CI recognizes that change threatens biodiversity and therefore implements programs, such as tree planting, to counter deforestation. CI estimated this work decreases greenhouse gas emissions by about 1 to 2 billion metric tons annually. The Mantadia Conservation Carbon Project in Madagascar protected 450,000 rainforest hectares, which absorb 9 million metric tons of carbon dioxide emissions.

By providing educational opportunities and employment incentives, CI encourages Indigenous people living in fragile ecosystems to practice conservation. CI helped Kayapó Indians in Brazil protect more than 11 million hectares from loggers. CI also endorses ecotourism to generate income and biodiversity awareness.

CI publications include the RAP Bulletin of Biological Assessment, volumes in the CI Tropical Field Guide series, and pocket guides.

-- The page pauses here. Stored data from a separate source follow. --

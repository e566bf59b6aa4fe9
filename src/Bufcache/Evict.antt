-- ===== src/Bufcache/Evict.antt =====
-- Get_FS_Buffer of a full cache: the stolen buffer keeps the number of its old block.
use geekos.Base.{
  ltb, Bool-cases, length, All, ℕ, ◌≤◌, ◌≡◌, refl, sym, ap, subst, ◌∙◌, ◌≢◌, inl, inr, false,
  Option, none, some, List, arith,
}
use geekos.Base.Reasons.{Run, done, Total}
use geekos.Errno.{is_ok}
use geekos.Bufcache.{
  Device, Buffer, Cache, Scan, hit, miss, Got, acquired, waiting, failed, block_read, first_sector,
  in_use, set_flag, get_num_sectors_per_fs_block, scan, remove, read_and_acquire, evict,
  get_missing, get_found, get_buffer, get_fs_buffer, max_blocks,
}
use geekos.Bufcache.Io.{
  OnDisk, transfer, IsAligned, do_buffer_io-done, synced, sync_buffer-done, read-Reads,
}
use geekos.Bufcache.Buffers.{In, All-In, All-remove, ScanOf, scan-ScanOf}
use geekos.Bufcache.Invariant.{synced-same, HasSize}

-- A request for block `n` that ends with a buffer of another block, read from that block's sectors,
-- while block `n` is still in no buffer.
abbrev pub Misserves : Cache → ℕ → Cache × Got → Type 0
Misserves c n (c', acquired a) =
    (b : Buffer) × In b c'.buffers
    × (b.addr ≡ a)
    × (b.block_num ≢ n)
    × OnDisk c'.dev.sectors (first_sector (get_num_sectors_per_fs_block c) b.block_num) b.contents
    × All (λ x. x.block_num ≢ n) c'.buffers
Misserves c n (c', waiting a) = ⊥
Misserves c n (c', failed rc) = is_ok rc ≡ false

steal-Misserves :
    (c : Cache) (n : ℕ) (dev : Device) (buf : Buffer) (rest : List Buffer)
    → buf.block_num ≢ n
    → All (λ x. x.block_num ≢ n) rest
    → IsAligned c
    → HasSize (get_num_sectors_per_fs_block c) buf
    → Total (Misserves c n) (read_and_acquire (record c { dev = dev }) buf rest)
unfolding read_and_acquire get_num_sectors_per_fs_block
steal-Misserves c n dev buf rest ne absent aligned size =
    let s = first_sector (get_num_sectors_per_fs_block c) buf.block_num in
    let r = transfer block_read dev s buf.contents in
    let reads = read-Reads dev s buf.contents in
    rw (do_buffer_io-done block_read (record c { dev = dev }) buf aligned size)
      (elim (Bool-cases (is_ok r.0)) [
        | inl e ↦ rw e (
          record buf { contents = r.2; flags = set_flag buf.flags in_use },
          inl refl,
          refl,
          ne,
          subst (λ (d : Device). OnDisk d.sectors s r.2) (sym reads.device) (reads.fetched e),
          (ne, absent),
        )
        | inr e ↦ rw e e
      ])

evict-Misserves :
    (c : Cache) (n : ℕ) (lru : Option Buffer)
    → ScanOf c.buffers n none (miss lru)
    → IsAligned c
    → All (HasSize (get_num_sectors_per_fs_block c)) c.buffers
    → Total (Misserves c n) (evict c lru)
unfolding evict
evict-Misserves c n none h aligned sizes = refl
evict-Misserves c n (some b) (absent, inl m) aligned sizes =
    let s = synced c b in
    let size = All-In (HasSize (get_num_sectors_per_fs_block c)) b c.buffers sizes m.0 in
    rw (sync_buffer-done c b aligned size) (elim (Bool-cases (is_ok s.0)) [
      | inl e ↦ rw e (
          steal-Misserves c n s.1 (record (s.2) { flags = 0 }) (remove b.addr c.buffers)
            (λ same.
              All-In (λ x. x.block_num ≢ n) b c.buffers absent m.0 (sym (synced-same c b).1 ∙ same))
            (All-remove (λ x. x.block_num ≢ n) b.addr c.buffers absent) aligned
            (ap length (synced-same c b).2 ∙ size))
      | inr e ↦ rw e e
    ])
evict-Misserves c n (some b) (absent, inr bad) aligned sizes = cc

-- Get_FS_Buffer of a block that is not cached, while 128 buffers are, never returns a buffer of that
-- block: it ends, and fails, or returns a buffer that carries the number and the data of another block. For
-- buffers of one block each, and a block size that is a multiple of the sector size.
pub get_fs_buffer-Misserves :
    (alloc : Option (ℕ × List ℕ)) (c : Cache) (n : ℕ)
    → max_blocks ≤ c.num_cached
    → All (λ x. x.block_num ≢ n) c.buffers
    → IsAligned c
    → All (HasSize (get_num_sectors_per_fs_block c)) c.buffers
    → Total (Misserves c n) (get_fs_buffer alloc c n)
unfolding get_fs_buffer get_buffer get_missing
get_fs_buffer-Misserves alloc c n full absent aligned sizes =
    go (scan c.buffers n none) (scan-ScanOf c.buffers n none)
  where
    missing :
        (al : Option (ℕ × List ℕ)) (lru : Option Buffer)
        → ScanOf c.buffers n none (miss lru)
        → Total (Misserves c n) (get_missing al c n lru)
    missing none lru h = evict-Misserves c n lru h aligned sizes
    missing (some (a, page)) lru h =
        let no_room : ltb c.num_cached max_blocks ≡ false = ground arith in
        rw no_room (evict-Misserves c n lru h aligned sizes)

    go :
        (s : Scan)
        → ScanOf c.buffers n none s
        → Total (Misserves c n) (elim s as (λ x. Run (Cache × Got)) [
          | hit b ↦ done (get_found c b)
          | miss lru ↦ get_missing alloc c n lru
        ])
    go (hit b) (m, e) = absurd (All-In (λ x. x.block_num ≢ n) b c.buffers absent m e)
    go (miss lru) h = missing alloc lru h
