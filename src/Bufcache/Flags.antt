-- ===== src/Bufcache/Flags.antt =====
-- The two flags of a buffer, set and cleared independently.
use geekos.Base.{ℕ, ◌≡◌, true, false, arith}
use geekos.Base.Bits.{has, has-pow, test_bit-or_pow, test_bit-and_mask}
use geekos.Bufcache.{dirty, in_use, set_flag, clear_flag}

pub clear_dirty : (f : ℕ) → has (clear_flag f dirty) dirty ≡ false
clear_dirty f =
    ground (
      arith,
      has-pow 0 (clear_flag f dirty),
      test_bit-and_mask 32 f 0 0 (omega arith) (omega arith),
    )

pub set_in_use : (f : ℕ) → has (set_flag f in_use) in_use ≡ true
set_in_use f = ground (arith, has-pow 1 (set_flag f in_use), test_bit-or_pow f 1 1)

pub set_in_use-dirty : (f : ℕ) → has (set_flag f in_use) dirty ≡ has f dirty
set_in_use-dirty f =
    ground (arith, has-pow 0 (set_flag f in_use), has-pow 0 f, test_bit-or_pow f 1 0)

pub set_dirty : (f : ℕ) → has (set_flag f dirty) dirty ≡ true
set_dirty f = ground (arith, has-pow 0 (set_flag f dirty), test_bit-or_pow f 0 0)

pub set_dirty-in_use : (f : ℕ) → has (set_flag f dirty) in_use ≡ has f in_use
set_dirty-in_use f =
    ground (arith, has-pow 1 (set_flag f dirty), has-pow 1 f, test_bit-or_pow f 0 1)

pub clear_in_use : (f : ℕ) → has (clear_flag f in_use) in_use ≡ false
clear_in_use f =
    ground (
      arith,
      has-pow 1 (clear_flag f in_use),
      test_bit-and_mask 32 f 1 1 (omega arith) (omega arith),
    )

pub clear_in_use-dirty : (f : ℕ) → has (clear_flag f in_use) dirty ≡ has f dirty
clear_in_use-dirty f = ground (
  arith,
  has-pow 0 (clear_flag f in_use),
  has-pow 0 f,
  test_bit-and_mask 32 f 1 0 (omega arith) (omega arith),
)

Significant CI-sponsored books are Megadiversity: Earth’s Biologically Wealthiest Nations (1997), Hotspots: Earth’s Biologically Richest and Most Endangered Terrestrial Ecoregions (1999), Wilderness: Earth’s Last Wild Places (2002), Hotspots Revisited (2004), A Rapid Biological Assessment of North Lorma, Gola, and Grebo National Forests, Liberia (2008), A Rapid Marine Biological Assessment (2013), and A Geography of Hope: Saving the Last Primary Forests (2016).

Bibliography

"How to Best Halt and Reverse Deforestation? Largest Study of Its Kind Finds Answers..." Conservation International, 16 Aug. 2023, www.conservation.org/press-releases/2023/08/16/how-to-best-halt-and-reverse-deforestation-largest-study-of-its-kind-finds-answers. Accessed 23 Dec. 2024.

McCoy, Mary Kate. "'I Almost Couldn't Believe It': Amazon Expedition Stuns Researchers." Conservation International, 20 Dec. 2024, www.conservation.org/blog/i-almost-couldnt-believe-it-amazon-expedition-stuns-researchers. Accessed 23 Dec. 2024.

"2024 Impact Report." Conservation International, www.conservation.org/2024-impact-report. Accessed 23 Dec. 2024.